YOUR OBJECTIVE: Word for word, return the lines from the top of the listing to the line containing "reads from the", both ends included, and no others.

GIVEN RECORDS:

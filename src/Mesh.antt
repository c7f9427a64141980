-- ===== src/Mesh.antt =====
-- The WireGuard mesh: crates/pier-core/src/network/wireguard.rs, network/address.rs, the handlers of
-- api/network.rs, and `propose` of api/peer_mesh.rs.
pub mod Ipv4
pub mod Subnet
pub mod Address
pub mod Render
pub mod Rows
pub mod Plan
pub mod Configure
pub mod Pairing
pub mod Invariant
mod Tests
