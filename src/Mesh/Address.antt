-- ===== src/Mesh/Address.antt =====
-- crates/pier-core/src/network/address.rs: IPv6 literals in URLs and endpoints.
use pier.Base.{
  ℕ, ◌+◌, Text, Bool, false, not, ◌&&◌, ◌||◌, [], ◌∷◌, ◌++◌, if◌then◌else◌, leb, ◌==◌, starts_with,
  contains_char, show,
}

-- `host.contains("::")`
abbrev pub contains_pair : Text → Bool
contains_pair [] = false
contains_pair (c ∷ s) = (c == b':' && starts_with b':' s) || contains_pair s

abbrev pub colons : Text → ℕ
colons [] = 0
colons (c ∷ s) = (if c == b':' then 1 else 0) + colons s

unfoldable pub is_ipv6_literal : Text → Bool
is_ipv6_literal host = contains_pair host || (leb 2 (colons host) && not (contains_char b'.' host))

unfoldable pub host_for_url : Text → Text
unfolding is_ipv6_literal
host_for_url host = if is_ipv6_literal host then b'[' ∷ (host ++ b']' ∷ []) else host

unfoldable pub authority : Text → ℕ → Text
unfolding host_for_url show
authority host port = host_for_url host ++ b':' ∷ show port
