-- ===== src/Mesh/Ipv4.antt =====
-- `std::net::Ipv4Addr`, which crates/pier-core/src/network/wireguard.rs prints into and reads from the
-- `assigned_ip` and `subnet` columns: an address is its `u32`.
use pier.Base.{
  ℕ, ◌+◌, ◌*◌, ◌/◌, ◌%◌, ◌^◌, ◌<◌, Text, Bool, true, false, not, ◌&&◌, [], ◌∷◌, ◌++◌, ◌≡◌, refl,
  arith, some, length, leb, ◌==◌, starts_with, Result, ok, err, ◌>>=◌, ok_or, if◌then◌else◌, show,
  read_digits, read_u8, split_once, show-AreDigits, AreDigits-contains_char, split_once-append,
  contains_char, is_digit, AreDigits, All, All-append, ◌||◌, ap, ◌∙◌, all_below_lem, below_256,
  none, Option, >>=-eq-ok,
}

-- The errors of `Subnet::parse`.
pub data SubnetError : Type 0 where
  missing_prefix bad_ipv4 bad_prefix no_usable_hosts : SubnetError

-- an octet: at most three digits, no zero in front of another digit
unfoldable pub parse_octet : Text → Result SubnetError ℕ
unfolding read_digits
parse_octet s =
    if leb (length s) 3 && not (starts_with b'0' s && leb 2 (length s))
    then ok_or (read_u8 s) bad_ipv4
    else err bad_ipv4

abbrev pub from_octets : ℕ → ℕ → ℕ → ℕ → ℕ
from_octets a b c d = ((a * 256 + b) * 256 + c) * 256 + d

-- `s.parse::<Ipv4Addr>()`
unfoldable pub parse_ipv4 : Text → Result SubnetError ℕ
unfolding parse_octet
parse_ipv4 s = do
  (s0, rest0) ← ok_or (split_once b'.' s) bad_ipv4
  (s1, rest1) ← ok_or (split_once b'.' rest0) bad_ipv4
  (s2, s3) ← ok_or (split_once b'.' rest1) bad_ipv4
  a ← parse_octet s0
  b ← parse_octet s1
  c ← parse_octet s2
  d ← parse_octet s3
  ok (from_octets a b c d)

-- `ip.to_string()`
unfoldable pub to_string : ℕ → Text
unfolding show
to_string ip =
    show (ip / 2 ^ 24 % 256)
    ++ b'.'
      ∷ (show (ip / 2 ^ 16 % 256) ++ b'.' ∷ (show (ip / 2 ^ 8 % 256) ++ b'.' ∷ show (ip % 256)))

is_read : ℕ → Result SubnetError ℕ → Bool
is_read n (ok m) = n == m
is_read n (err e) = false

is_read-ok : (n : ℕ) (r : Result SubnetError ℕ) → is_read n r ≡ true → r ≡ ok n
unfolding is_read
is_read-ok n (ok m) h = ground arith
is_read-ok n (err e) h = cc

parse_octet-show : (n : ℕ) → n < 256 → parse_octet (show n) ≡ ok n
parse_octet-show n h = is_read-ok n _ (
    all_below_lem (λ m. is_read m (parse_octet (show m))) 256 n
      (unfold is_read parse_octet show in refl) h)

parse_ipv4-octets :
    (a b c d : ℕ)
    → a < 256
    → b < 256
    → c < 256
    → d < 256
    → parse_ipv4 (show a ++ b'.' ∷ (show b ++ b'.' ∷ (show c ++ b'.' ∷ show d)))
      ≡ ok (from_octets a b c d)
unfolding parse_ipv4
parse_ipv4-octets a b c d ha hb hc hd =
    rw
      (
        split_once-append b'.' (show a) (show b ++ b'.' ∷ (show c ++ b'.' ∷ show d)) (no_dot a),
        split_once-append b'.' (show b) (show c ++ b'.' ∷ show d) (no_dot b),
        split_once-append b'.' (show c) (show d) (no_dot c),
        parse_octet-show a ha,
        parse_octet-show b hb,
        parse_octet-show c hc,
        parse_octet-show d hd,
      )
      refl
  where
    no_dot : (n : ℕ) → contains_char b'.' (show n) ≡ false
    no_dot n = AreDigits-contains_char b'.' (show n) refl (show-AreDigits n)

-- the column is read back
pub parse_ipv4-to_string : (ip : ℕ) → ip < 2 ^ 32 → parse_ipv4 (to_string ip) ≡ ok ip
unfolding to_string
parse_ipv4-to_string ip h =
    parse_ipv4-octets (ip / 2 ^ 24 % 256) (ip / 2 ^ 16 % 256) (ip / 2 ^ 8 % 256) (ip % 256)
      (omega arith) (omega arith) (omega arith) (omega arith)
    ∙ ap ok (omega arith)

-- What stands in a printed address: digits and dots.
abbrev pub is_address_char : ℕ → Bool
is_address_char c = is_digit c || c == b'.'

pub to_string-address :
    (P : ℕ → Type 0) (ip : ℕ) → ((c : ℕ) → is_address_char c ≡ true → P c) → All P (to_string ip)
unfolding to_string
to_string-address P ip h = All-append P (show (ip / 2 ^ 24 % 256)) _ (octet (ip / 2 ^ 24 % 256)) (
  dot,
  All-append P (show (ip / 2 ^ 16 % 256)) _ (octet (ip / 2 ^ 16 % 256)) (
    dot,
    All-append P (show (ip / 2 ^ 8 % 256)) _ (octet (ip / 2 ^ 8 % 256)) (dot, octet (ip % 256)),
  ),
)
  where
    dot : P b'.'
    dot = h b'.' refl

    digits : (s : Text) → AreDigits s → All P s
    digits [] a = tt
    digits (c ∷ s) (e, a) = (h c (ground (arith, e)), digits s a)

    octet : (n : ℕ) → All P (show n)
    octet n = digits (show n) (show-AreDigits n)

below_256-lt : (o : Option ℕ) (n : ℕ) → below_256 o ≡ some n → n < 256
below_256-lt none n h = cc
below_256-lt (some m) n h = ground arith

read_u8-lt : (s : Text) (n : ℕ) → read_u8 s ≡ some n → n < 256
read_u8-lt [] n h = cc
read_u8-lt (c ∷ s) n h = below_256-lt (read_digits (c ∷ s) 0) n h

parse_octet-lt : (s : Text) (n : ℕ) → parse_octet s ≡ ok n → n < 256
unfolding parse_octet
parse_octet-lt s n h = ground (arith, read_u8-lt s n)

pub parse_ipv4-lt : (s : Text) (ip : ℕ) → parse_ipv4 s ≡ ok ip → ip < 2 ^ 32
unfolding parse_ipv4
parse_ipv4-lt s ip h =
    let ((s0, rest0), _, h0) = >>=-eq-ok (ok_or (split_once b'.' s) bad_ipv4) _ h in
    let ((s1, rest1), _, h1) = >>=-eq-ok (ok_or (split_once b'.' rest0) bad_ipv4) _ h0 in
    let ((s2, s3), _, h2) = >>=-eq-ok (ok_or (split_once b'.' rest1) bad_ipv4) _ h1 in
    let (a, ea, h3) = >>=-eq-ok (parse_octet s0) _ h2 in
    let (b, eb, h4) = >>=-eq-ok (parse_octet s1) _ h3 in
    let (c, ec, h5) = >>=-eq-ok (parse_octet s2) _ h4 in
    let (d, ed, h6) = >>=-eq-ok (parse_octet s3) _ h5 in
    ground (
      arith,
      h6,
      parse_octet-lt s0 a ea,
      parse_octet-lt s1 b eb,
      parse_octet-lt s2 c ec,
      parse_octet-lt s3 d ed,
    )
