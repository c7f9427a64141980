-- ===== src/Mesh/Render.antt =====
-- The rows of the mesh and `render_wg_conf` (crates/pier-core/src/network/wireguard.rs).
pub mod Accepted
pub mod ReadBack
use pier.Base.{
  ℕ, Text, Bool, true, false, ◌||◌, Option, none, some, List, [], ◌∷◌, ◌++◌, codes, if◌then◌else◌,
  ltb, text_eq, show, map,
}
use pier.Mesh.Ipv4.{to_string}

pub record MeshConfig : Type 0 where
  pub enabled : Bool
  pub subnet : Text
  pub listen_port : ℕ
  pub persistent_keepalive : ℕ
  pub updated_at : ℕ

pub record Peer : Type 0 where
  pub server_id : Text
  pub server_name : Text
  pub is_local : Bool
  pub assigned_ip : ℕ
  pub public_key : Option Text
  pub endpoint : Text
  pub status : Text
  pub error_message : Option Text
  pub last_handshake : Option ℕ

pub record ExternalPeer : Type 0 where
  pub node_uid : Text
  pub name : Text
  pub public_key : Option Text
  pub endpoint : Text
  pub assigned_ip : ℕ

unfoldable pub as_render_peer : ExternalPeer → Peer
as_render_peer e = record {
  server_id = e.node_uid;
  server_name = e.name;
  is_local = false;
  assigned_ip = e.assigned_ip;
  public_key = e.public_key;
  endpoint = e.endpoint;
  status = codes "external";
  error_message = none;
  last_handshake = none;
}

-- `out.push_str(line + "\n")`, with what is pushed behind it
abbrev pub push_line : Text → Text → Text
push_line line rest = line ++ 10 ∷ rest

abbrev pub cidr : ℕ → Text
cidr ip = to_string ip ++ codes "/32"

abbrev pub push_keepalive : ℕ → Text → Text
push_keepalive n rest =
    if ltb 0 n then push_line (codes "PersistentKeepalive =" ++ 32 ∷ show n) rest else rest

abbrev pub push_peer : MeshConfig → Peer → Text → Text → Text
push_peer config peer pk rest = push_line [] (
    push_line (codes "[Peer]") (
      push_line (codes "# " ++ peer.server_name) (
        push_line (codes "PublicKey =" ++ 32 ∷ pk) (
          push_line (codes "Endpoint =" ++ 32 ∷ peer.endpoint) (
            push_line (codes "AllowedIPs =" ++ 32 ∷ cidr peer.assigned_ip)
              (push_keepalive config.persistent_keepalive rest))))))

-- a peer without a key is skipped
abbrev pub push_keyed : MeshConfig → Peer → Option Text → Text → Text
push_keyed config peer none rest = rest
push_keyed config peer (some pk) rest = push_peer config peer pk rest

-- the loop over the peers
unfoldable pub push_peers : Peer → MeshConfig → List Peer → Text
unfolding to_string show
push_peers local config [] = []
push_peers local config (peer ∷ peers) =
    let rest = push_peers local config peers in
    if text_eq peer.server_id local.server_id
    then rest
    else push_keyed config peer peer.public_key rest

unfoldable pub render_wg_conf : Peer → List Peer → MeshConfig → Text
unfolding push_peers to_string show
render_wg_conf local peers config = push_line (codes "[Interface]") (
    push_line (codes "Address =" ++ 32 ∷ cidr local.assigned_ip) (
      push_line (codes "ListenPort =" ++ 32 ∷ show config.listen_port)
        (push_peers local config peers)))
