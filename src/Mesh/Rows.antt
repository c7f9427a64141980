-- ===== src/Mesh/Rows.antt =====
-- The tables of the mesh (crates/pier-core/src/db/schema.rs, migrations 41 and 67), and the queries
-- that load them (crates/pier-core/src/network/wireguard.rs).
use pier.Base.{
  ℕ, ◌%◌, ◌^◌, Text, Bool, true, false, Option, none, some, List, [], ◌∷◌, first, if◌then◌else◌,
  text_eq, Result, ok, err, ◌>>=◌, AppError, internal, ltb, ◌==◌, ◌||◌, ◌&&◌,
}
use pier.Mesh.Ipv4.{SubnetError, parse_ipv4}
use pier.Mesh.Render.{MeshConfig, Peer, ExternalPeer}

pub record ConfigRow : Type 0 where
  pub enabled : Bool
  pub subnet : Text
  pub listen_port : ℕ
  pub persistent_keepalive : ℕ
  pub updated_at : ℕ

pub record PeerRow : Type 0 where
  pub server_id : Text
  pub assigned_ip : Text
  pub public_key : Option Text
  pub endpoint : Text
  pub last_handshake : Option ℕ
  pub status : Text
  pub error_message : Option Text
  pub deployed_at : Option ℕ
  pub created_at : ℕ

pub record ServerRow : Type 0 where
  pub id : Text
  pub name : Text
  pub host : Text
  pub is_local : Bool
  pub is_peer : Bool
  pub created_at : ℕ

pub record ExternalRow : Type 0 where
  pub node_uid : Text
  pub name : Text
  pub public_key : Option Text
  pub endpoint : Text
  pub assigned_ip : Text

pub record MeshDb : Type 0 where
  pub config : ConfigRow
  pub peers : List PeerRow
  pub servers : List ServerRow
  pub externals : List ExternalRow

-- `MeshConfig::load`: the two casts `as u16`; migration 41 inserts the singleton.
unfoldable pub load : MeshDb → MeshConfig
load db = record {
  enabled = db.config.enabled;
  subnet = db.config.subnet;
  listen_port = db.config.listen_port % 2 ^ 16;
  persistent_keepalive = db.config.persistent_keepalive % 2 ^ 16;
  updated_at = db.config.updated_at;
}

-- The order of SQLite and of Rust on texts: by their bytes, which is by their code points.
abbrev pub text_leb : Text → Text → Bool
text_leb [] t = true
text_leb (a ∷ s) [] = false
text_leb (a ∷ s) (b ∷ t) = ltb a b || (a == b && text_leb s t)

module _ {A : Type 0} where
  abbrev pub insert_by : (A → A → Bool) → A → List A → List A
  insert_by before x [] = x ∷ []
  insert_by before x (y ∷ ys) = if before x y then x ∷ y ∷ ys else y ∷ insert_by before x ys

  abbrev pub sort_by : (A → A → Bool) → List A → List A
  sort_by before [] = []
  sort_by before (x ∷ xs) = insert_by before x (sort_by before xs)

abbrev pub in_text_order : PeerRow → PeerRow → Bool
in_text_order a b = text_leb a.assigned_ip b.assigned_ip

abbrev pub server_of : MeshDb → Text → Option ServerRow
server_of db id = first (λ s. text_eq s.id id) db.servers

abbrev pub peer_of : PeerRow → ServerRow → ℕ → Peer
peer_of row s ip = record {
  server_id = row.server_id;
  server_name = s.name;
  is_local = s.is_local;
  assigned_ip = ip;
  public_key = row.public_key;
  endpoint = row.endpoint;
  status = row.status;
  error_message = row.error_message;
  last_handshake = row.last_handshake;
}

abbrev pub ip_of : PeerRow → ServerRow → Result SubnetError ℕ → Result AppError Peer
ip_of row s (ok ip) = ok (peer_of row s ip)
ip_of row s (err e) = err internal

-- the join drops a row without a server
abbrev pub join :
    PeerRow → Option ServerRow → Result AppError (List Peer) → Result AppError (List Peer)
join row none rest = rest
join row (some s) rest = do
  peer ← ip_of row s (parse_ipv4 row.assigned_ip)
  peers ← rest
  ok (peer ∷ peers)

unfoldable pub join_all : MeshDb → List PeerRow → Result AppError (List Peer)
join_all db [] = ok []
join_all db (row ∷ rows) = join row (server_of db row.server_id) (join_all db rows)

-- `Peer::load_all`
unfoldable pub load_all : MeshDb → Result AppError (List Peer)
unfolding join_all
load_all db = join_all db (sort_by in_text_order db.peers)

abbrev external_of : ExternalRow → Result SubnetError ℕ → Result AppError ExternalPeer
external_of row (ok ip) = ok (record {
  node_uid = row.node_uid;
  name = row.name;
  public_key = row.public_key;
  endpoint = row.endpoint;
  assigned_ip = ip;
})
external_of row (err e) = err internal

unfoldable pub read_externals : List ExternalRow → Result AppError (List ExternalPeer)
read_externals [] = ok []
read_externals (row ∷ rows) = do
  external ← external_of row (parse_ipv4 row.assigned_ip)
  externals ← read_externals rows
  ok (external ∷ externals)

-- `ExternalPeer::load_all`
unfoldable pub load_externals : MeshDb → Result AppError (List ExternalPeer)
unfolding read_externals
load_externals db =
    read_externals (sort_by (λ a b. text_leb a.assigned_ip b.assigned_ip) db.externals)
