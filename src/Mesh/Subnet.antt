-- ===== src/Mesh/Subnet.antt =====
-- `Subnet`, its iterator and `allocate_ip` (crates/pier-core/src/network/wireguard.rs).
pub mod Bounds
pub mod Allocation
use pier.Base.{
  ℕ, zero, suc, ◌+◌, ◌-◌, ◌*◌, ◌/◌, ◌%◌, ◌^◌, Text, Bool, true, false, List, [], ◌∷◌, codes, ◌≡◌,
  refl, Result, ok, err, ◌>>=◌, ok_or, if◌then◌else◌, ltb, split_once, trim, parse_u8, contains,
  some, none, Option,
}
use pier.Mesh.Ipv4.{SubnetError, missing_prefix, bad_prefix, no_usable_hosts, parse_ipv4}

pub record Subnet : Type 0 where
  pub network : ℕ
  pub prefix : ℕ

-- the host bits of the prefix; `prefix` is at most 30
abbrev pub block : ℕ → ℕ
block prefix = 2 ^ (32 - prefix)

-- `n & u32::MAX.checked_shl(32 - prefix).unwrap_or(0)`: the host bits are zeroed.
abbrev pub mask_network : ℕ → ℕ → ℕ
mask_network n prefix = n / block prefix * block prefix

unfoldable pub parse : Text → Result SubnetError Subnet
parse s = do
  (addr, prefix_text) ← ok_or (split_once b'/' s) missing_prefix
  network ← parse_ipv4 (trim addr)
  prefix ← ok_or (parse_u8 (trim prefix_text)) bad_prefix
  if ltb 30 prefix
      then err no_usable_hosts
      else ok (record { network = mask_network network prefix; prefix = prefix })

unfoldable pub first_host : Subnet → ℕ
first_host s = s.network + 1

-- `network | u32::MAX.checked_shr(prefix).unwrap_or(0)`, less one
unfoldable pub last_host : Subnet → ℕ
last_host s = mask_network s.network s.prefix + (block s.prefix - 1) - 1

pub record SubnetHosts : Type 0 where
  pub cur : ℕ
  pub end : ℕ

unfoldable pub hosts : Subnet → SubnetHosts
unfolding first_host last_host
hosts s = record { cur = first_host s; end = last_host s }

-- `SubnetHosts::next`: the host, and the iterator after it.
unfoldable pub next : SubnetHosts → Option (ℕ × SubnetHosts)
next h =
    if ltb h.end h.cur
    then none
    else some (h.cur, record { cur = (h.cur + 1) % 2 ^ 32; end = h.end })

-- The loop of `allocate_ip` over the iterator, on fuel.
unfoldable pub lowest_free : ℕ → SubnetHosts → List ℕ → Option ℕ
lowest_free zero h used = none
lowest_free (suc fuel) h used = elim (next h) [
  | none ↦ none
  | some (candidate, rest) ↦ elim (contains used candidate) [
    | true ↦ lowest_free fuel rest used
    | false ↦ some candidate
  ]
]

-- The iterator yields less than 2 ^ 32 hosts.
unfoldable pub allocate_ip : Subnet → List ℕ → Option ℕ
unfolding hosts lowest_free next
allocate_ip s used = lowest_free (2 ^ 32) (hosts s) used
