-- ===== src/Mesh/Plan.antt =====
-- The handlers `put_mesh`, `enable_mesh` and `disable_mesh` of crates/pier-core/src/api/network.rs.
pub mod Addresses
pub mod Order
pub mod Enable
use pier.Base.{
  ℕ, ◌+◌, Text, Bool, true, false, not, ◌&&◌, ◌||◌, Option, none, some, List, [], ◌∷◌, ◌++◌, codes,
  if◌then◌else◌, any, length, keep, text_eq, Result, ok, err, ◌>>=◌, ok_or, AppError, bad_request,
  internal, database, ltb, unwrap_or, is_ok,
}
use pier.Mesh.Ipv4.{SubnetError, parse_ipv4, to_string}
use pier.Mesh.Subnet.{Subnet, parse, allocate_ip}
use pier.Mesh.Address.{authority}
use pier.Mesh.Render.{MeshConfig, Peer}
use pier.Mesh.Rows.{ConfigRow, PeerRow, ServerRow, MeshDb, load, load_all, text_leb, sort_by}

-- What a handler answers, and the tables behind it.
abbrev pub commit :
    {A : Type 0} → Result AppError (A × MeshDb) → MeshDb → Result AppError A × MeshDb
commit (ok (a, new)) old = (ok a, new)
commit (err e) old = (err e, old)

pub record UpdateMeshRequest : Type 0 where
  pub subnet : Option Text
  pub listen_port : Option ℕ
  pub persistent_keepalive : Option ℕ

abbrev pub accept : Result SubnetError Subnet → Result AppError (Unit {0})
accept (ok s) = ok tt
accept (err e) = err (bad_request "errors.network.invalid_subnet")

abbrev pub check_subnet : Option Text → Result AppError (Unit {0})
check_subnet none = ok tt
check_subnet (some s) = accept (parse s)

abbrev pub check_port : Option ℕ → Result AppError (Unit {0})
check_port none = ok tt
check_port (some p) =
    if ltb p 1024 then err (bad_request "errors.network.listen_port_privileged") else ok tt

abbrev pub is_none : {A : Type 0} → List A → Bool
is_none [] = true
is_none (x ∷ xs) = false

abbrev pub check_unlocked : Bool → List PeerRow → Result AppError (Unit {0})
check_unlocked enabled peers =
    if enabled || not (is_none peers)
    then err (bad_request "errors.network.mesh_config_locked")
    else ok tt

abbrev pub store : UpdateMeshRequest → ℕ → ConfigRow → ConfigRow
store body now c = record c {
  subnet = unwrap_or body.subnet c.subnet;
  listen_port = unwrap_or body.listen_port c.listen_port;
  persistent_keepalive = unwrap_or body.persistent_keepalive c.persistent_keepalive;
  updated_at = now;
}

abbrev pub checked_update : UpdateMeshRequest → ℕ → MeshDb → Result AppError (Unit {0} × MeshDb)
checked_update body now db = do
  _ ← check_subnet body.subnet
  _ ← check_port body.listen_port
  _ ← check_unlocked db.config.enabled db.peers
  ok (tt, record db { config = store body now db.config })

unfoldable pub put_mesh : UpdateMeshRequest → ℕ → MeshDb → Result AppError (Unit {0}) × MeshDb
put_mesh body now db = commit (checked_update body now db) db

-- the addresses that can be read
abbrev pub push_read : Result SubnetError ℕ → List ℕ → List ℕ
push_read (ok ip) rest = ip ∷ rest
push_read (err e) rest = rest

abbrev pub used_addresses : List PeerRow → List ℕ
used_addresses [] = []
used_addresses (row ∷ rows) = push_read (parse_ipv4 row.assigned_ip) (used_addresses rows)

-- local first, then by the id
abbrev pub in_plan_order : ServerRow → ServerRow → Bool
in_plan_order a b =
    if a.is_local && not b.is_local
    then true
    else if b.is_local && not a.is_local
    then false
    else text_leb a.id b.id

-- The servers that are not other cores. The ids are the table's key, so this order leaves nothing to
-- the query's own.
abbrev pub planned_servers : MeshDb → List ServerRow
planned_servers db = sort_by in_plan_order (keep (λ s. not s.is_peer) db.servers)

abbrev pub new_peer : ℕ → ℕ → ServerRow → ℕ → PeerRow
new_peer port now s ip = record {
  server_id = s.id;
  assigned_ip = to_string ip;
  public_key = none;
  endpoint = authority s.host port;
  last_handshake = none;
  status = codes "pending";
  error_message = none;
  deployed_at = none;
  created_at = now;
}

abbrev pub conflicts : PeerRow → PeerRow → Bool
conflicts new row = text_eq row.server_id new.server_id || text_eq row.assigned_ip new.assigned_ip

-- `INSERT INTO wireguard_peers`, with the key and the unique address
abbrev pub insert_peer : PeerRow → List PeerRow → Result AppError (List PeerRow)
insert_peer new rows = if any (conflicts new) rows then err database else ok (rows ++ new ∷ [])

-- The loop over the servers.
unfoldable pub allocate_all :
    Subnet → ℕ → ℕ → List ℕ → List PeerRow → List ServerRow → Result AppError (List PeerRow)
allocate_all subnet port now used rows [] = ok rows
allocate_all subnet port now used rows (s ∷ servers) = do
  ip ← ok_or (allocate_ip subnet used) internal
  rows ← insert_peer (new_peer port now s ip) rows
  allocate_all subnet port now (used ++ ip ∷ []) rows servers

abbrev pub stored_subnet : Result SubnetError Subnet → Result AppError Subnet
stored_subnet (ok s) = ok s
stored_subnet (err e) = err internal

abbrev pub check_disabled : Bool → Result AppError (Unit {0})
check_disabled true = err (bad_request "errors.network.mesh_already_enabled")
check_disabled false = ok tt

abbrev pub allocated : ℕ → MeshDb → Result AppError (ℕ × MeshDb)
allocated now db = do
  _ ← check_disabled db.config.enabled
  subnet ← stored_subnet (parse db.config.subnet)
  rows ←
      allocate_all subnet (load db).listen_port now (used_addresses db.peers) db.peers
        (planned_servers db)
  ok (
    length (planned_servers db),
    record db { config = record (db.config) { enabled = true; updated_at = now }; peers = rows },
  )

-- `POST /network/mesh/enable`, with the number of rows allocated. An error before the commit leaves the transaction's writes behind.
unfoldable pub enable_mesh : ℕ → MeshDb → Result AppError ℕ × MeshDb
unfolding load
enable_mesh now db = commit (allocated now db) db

EXERCISE ANSWER:
filename src/Mesh.antt
repository c7f9427a64141980
-- ===== src/Mesh.antt =====
-- The WireGuard mesh: crates/pier-core/src/network/wireguard.rs, network/address.rs, the handlers of
-- api/network.rs, and `propose` of api/peer_mesh.rs.
pub mod Ipv4
pub mod Subnet
pub mod Address
pub mod Render
pub mod Rows
pub mod Plan
pub mod Configure
pub mod Pairing
pub mod Invariant
mod Tests
filename src/Mesh/Address.antt
-- ===== src/Mesh/Address.antt =====
-- crates/pier-core/src/network/address.rs: IPv6 literals in URLs and endpoints.
use pier.Base.{
  ℕ, ◌+◌, Text, Bool, false, not, ◌&&◌, ◌||◌, [], ◌∷◌, ◌++◌, if◌then◌else◌, leb, ◌==◌, starts_with,
  contains_char, show,
}

-- `host.contains("::")`
abbrev pub contains_pair : Text → Bool
contains_pair [] = false
contains_pair (c ∷ s) = (c == b':' && starts_with b':' s) || contains_pair s

abbrev pub colons : Text → ℕ
colons [] = 0
colons (c ∷ s) = (if c == b':' then 1 else 0) + colons s

unfoldable pub is_ipv6_literal : Text → Bool
is_ipv6_literal host = contains_pair host || (leb 2 (colons host) && not (contains_char b'.' host))

unfoldable pub host_for_url : Text → Text
unfolding is_ipv6_literal
host_for_url host = if is_ipv6_literal host then b'[' ∷ (host ++ b']' ∷ []) else host

unfoldable pub authority : Text → ℕ → Text
unfolding host_for_url show
authority host port = host_for_url host ++ b':' ∷ show port
-- ===== src/Mesh/Ipv4.antt =====
-- `std::net::Ipv4Addr`, which crates/pier-core/src/network/wireguard.rs prints into and reads from the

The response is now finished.